Written by | 25 Aug 2024 | Oncology

Bristol Myers Squibb announced that the European Medicines Agency (EMA) has validated its Type II variation application to expand the indication for Breyanzi (lisocabtagene maraleucel; liso-cel), a CD19-directed chimeric antigen receptor (CAR) T cell therapy, to include the treatment of adult patients with relapsed or refractory follicular lymphoma (FL) who have received two or more prior lines of systemic therapy. Validation of the application confirms the submission is complete and allows the scientific review to begin under the EMA’s centralized review procedure.

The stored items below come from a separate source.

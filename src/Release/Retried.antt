-- ===== src/Release/Retried.antt =====
-- Runs of the flow that write less: a dry run, a retry, and a tag that points elsewhere.
use onesti_lock.Base.{
  true≢false, ℕ, Bool, true, false, Result, ok, err, List, [], ◌∷◌, Option, none, some, not, ◌≡◌,
  ◌≢◌, refl, sym, ap, ◌∙◌, All, ok-injective,
}
use onesti_lock.Integration.Services.{same_text}
use onesti_lock.Integration.Services.Meant.{same_text-eq, same_text_self}
use onesti_lock.Release.{Halt, stop, Candidate, Asset, Release, World}
use onesti_lock.Release.Zip.{Import, Packed, build_zip}
use onesti_lock.Release.Guards.{
  tag_sha, find_release, require_main_branch, draft_on_candidate, right_zip, zip_assets,
  should_be_latest, reads_back,
}
use onesti_lock.Release.Published.{Info, check_published}
use onesti_lock.Release.Publish.{
  Write, publish_release, Ran, continued, ◌>>=◌, given, read, write, Options, Outcome, published,
  tag_ensured, ensure_tag, ensure_draft, ensure_asset, prepared, published_as, decided,
  attested_zip, new_release, found, run, worse,
}
use onesti_lock.Release.Bound.{is_out}
use onesti_lock.Release.Steps.{read_then, either_branch, is_publish}

-- Only a publishing is written.
abbrev pub OnlyPublishes : List Write → Type 0
OnlyPublishes = All (λ x. is_publish x ≡ true)

-- Nothing is written, and no release goes out.
abbrev pub Untouched : Ran Outcome → Type 0
Untouched x = (x.writes ≡ []) × (x.outcome ≢ ok published)

not_true : (b : Bool) → b ≢ true → b ≡ false
not_true true h = absurd (h refl)
not_true false h = refl

abbrev Silent : {A : Type 0} → Ran A → Type 0
Silent x = x.writes ≡ []

continued-Silent :
    {A : Type 0} {B : Type 0} (writes : List Write) (r : Result Halt A) (f : A → Ran B)
    → writes ≡ []
    → ((a : A) → (f a).writes ≡ [])
    → (continued writes r f).writes ≡ []
continued-Silent writes (ok a) f h k = rw h (k a)
continued-Silent writes (err e) f h k = h

module _ (w : World) (c : Candidate) where
  ensure_tag_there :
      (dry_run : Bool)
      → tag_sha w ≡ ok (some c.sha)
      → same_text c.sha c.sha ≡ true
      → ensure_tag w c dry_run ≡ given tt
  unfolding ensure_tag
  ensure_tag_there dry_run there same = rw there (rw same refl)

  ensure_tag_foreign :
      (dry_run : Bool) (sha : List ℕ)
      → tag_sha w ≡ ok (some sha)
      → same_text sha c.sha ≡ false
      → ensure_tag w c dry_run ≡ read (err stop)
  unfolding ensure_tag
  ensure_tag_foreign dry_run sha there other = rw there (rw other refl)

  ensure_tag_dry : (dry_run : Bool) → dry_run ≡ true → (ensure_tag w c dry_run).writes ≡ []
  unfolding ensure_tag
  ensure_tag_dry dry_run dry =
      read_then Silent (tag_sha w) (tag_ensured w c dry_run) (λ e. refl) (λ t _. tagged t)
    where
      tagged : (t : Option (List ℕ)) → Silent (tag_ensured w c dry_run t)
      tagged none =
          either_branch Silent dry_run _ _ (λ _. refl) (λ wet. absurd (true≢false (sym dry ∙ wet)))
      tagged (some sha) = either_branch Silent (same_text sha c.sha) _ _ (λ _. refl) (λ _. refl)

module _ (parse : List ℕ → Option (List Import)) (zip : List Packed → List ℕ)
    (sha256 : List ℕ → List ℕ) (infolist : List ℕ → Result Halt (List Info)) (w : World)
    (o : Options) (c : Candidate) where
  -- What is so of `decided` and of a part that halts is so of a run over a draft.
  new_release_lifts :
      (P : Ran Outcome → Type 0)
      → ((e : Halt) → P (read (err e)))
      → (drafted : Option Release)
      → ((file body : List ℕ) (latest : Bool)
          → P (decided parse zip sha256 infolist w o c drafted file body latest))
      → P (new_release parse zip sha256 infolist w o c drafted)
  new_release_lifts P halts drafted goes =
      read_then P (require_main_branch w c o.trial) _ halts (λ u _.
        read_then P (draft_on_candidate c drafted) _ halts (λ v _.
          read_then P (right_zip sha256 o.zip_path (build_zip parse zip w c.sha)) _ halts (λ file _.
            read_then P (attested_zip parse zip sha256 infolist w o c file) _ halts (λ x _.
              read_then P (w.body (sha256 file)) _ halts (λ body _.
                read_then P (should_be_latest w c) _ halts (λ latest _. goes file body latest))))))

  run_lifts :
      (P : Ran Outcome → Type 0)
      → ((e : Halt) → P (read (err e)))
      → P (given Outcome.noop)
      → ((drafted : Option Release)
          → find_release w c ≡ ok drafted
          → is_out drafted ≡ false
          → (file body : List ℕ) (latest : Bool)
          → P (decided parse zip sha256 infolist w o c drafted file body latest))
      → P (run parse zip sha256 infolist w o c)
  unfolding run
  run_lifts P halts done goes =
      read_then P (find_release w c) _ halts (λ drafted there. started drafted there)
    where
      started :
          (drafted : Option Release)
          → find_release w c ≡ ok drafted
          → P (found parse zip sha256 infolist w o c drafted)
      started none there =
          either_branch P o.strict _ _ (λ _. halts stop)
            (λ _. new_release_lifts P halts none (goes none there refl))
      started (some r) there =
          either_branch P r.draft _ _
            (λ draft.
              either_branch P o.strict _ _ (λ _. halts stop)
                (λ _. new_release_lifts P halts (some r) (goes (some r) there (ap not draft))))
            (λ out.
              read_then P (check_published parse zip sha256 infolist w c r) _ halts (λ checks _.
                either_branch P (worse o.strict checks) _ _ (λ _. halts stop) (λ _. done)))

  -- A dry run writes nothing to GitHub, whatever it and git answer.
  pub run_dry : o.plan_only ≡ true → (run parse zip sha256 infolist w o c).writes ≡ []
  run_dry dry =
      run_lifts Silent (λ e. refl) refl
        (λ drafted there open_still file body latest.
          either_branch Silent o.plan_only _ _
            (λ _.
              continued-Silent (ensure_tag w c o.plan_only).writes
                (ensure_tag w c o.plan_only).outcome _ (ensure_tag_dry w c o.plan_only dry)
                (λ _. refl))
            (λ wet. absurd (true≢false (sym dry ∙ wet))))

  prepared_retried :
      (r : Release) (a : Asset) (more : List Asset) (file body : List ℕ)
      → tag_sha w ≡ ok (some c.sha)
      → zip_assets r.assets ≡ a ∷ more
      → prepared parse zip sha256 infolist w o c (some r) file body
        ≡ (read (reads_back sha256 (sha256 file) a) >>= λ _. given r.id)
  unfolding prepared ensure_draft ensure_asset
  prepared_retried r a more file body tagged carries =
      rw (ensure_tag_there w c o.plan_only tagged (same_text_self c.sha)) (rw carries refl)

  published_only :
      (latest dry_run : Bool) (id : ℕ) (answer : Result Halt (Unit {0}))
      → OnlyPublishes
          (write dry_run (publish_release id latest) answer >>= λ _. given published).writes
  published_only latest true id answer = tt
  published_only latest false id (ok _) = (refl, tt)
  published_only latest false id (err e) = (refl, tt)

  -- A run that finds the tag on the candidate, and a release with an asset under the name of the ZIP,
  -- makes no tag and no draft and uploads nothing: all that it writes, if anything, is the publishing.
  pub run_retried :
      (r : Release) (a : Asset) (more : List Asset)
      → tag_sha w ≡ ok (some c.sha)
      → find_release w c ≡ ok (some r)
      → zip_assets r.assets ≡ a ∷ more
      → OnlyPublishes (run parse zip sha256 infolist w o c).writes
  run_retried r a more tagged there carries =
      run_lifts (λ x. OnlyPublishes x.writes) (λ e. tt) tt goes
    where
      goes :
          (drafted : Option Release)
          → find_release w c ≡ ok drafted
          → is_out drafted ≡ false
          → (file body : List ℕ) (latest : Bool)
          → OnlyPublishes (decided parse zip sha256 infolist w o c drafted file body latest).writes
      goes drafted found_it open_still file body latest =
          either_branch (λ (x : Ran Outcome). OnlyPublishes x.writes) o.plan_only _ _
            (λ _. rw (ensure_tag_there w c o.plan_only tagged (same_text_self c.sha)) tt)
            (λ _. rw (ok-injective (sym found_it ∙ there)) (
              rw (prepared_retried r a more file body tagged carries) (
                read_then
                  (λ x.
                    OnlyPublishes
                      (x >>= published_as parse zip sha256 infolist w o c latest).writes)
                  (reads_back sha256 (sha256 file) a) (λ _. given r.id) (λ e. tt)
                  (λ _ _. published_only latest o.plan_only r.id w.published))))

  -- Where the tag points at another commit, `run` writes nothing to GitHub and publishes nothing: the tag
  -- is not moved.
  pub run_foreign_tag :
      (sha : List ℕ)
      → tag_sha w ≡ ok (some sha)
      → sha ≢ c.sha
      → Untouched (run parse zip sha256 infolist w o c)
  unfolding prepared
  run_foreign_tag sha tagged other =
      run_lifts Untouched halted (refl, λ h. cc h)
        (λ drafted there open_still file body latest.
          either_branch Untouched o.plan_only _ _ (λ _. rw foreign (halted stop))
            (λ _. rw foreign (halted stop)))
    where
      halted : (e : Halt) → Untouched (read (err e))
      halted e = (refl, λ h. cc h)

      differs : same_text sha c.sha ≡ false
      differs = not_true (same_text sha c.sha) (λ same. other (same_text-eq sha c.sha same))

      foreign : ensure_tag w c o.plan_only ≡ read (err stop)
      foreign = ensure_tag_foreign w c o.plan_only sha tagged differs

“Follicular lymphoma impacts a significant number of people, and those with relapsed or refractory disease tend to experience shorter responses with each new line of therapy,” said Anne Kerber, senior vice president, head of Late Clinical Development, Hematology, Oncology and Cell Therapy (HOCT), Bristol Myers Squibb. “ Breyanzi represents a differentiated CAR T cell therapy, and we look forward to working with the European Medicines Agency to bring this important treatment option to patients with relapsed or refractory follicular lymphoma with the goal of improving outcomes and providing lasting remission.”

The application is supported by data from the Phase II TRANSCEND FL study, the largest clinical trial to date to evaluate a CAR T cell therapy in patients with relapsed or refractory indolent non-Hodgkin lymphoma (NHL), including FL. The study enrolled adults with relapsed or refractory FL treated with Breyanzi in the high-risk second-line and third-line plus setting. In the study, Breyanzi demonstrated a high overall response rate, the study’s primary endpoint, with responses being deep and durable. The safety of Breyanzi in FL is consistent with the well-established and manageable safety profile of Breyanzi observed across clinical trials.

Follicular lymphoma is the second most common form of NHL, accounting for 20 to 30 percent of all NHL cases. FL has historically been considered an incurable disease with patients frequently relapsing following front-line therapy and prognosis worsening after each subsequent relapse. Despite advances in treatment, there remains an unmet need for additional options that offer treatment-free intervals with durable, complete responses.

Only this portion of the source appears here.